Difficulty-Aware Agent Orchestration in LLM-Powered Workflows
Jinwei Su, Yinghui Xia, Qizhen Lan, Xinyuan Song, Yang Jingsong, Lewei He, Tianyu Shi
公開日: 2025/9/14
Abstract
Large Language Model (LLM)-based agentic systems have shown strong capabilities across various tasks. However, existing multi-agent frameworks often rely on static or task-level workflows, which either over-process simple queries or underperform on complex ones, while also neglecting the efficiency-performance trade-offs across heterogeneous LLMs. To address these limitations, we propose Difficulty-Aware Agentic Orchestration (DAAO), a dynamic framework that adapts workflow depth, operator selection, and LLM assignment based on the difficulty of each input query.
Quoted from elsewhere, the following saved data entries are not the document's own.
-- ===== src/Examples/Keys.antt =====
-- Runs and instances for the key reader of src/lang/term_keys.py.
use l.Base.{false, ℕ, true, ◌≡◌, ◌⊎◌, refl, none, some, List, [], ◌∷◌, arith}
use l.Keys.{Reader, arrives, quiet, read}
use l.Keys.Loops.{IsEvent, pending}
use l.Keys.Encoded.{then_rest, waiting, read-utf8}
use l.Lexer.Chars.{utf8}
use l.Keys.Frames.{read-IsEvent}

-- ESC [ A, an arrow key, and the letter q
abbrev arrow_key : Reader
arrow_key = record {
  pushback = [];
  input = arrives 0x1b ∷ arrives 0x5b ∷ arrives 0x41 ∷ arrives 0x71 ∷ [];
}

abbrev q_left : Reader
q_left = record { pushback = []; input = arrives 0x71 ∷ [] }

-- ESC, q: the q is pushed back
abbrev escape_key : Reader
escape_key = record { pushback = []; input = arrives 0x1b ∷ arrives 0x71 ∷ [] }

abbrev arrow_bytes : List ℕ
arrow_bytes = 0x1b ∷ 0x5b ∷ 0x41 ∷ []

reads_arrow : read true arrow_key ≡ (some arrow_bytes, q_left)
unfolding read
reads_arrow = refl

reads_escape :
    read true escape_key ≡ (some (0x1b ∷ []), record { pushback = 0x71 ∷ []; input = [] })
unfolding read
reads_escape = refl

gives_up : read true (record { pushback = []; input = quiet ∷ arrives 0x71 ∷ [] }) ≡ (none, q_left)
unfolding read
gives_up = refl

read-IsEvent_example :
    ((out : List ℕ) × (some arrow_bytes ≡ some out)
      × IsEvent (pending arrow_key) 16 1 (out, q_left))
    ⊎ ((some arrow_bytes ≡ none) × (pending q_left ≡ pending arrow_key) × (q_left.pushback ≡ []))
read-IsEvent_example =
    read-IsEvent true arrow_key q_left (some arrow_bytes) (omega arith) reads_arrow

-- the euro sign, and an Escape behind it
euro_bytes : utf8 0x20ac ≡ 0xe2 ∷ 0x82 ∷ 0xac ∷ []
unfolding utf8
euro_bytes = refl

read-utf8_example :
    read false (waiting (then_rest (utf8 0x20ac) (arrives 0x1b ∷ [])))
    ≡ (some (utf8 0x20ac), waiting (arrives 0x1b ∷ []))
read-utf8_example =
    read-utf8 false 0x20ac (arrives 0x1b ∷ []) (omega arith) (λ e. ground (arith, e))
DAAO comprises three interdependent modules: a variational autoencoder (VAE) for difficulty estimation, a modular operator allocator, and a cost- and performance-aware LLM router. By leveraging heterogeneous LLMs and dynamically tailoring workflows, DAAO enables fine-grained, query-specific reasoning strategies. DAAO outperforms prior multi-agent systems in both accuracy and inference efficiency across six benchmarks. We will release our code and implementation details upon publication.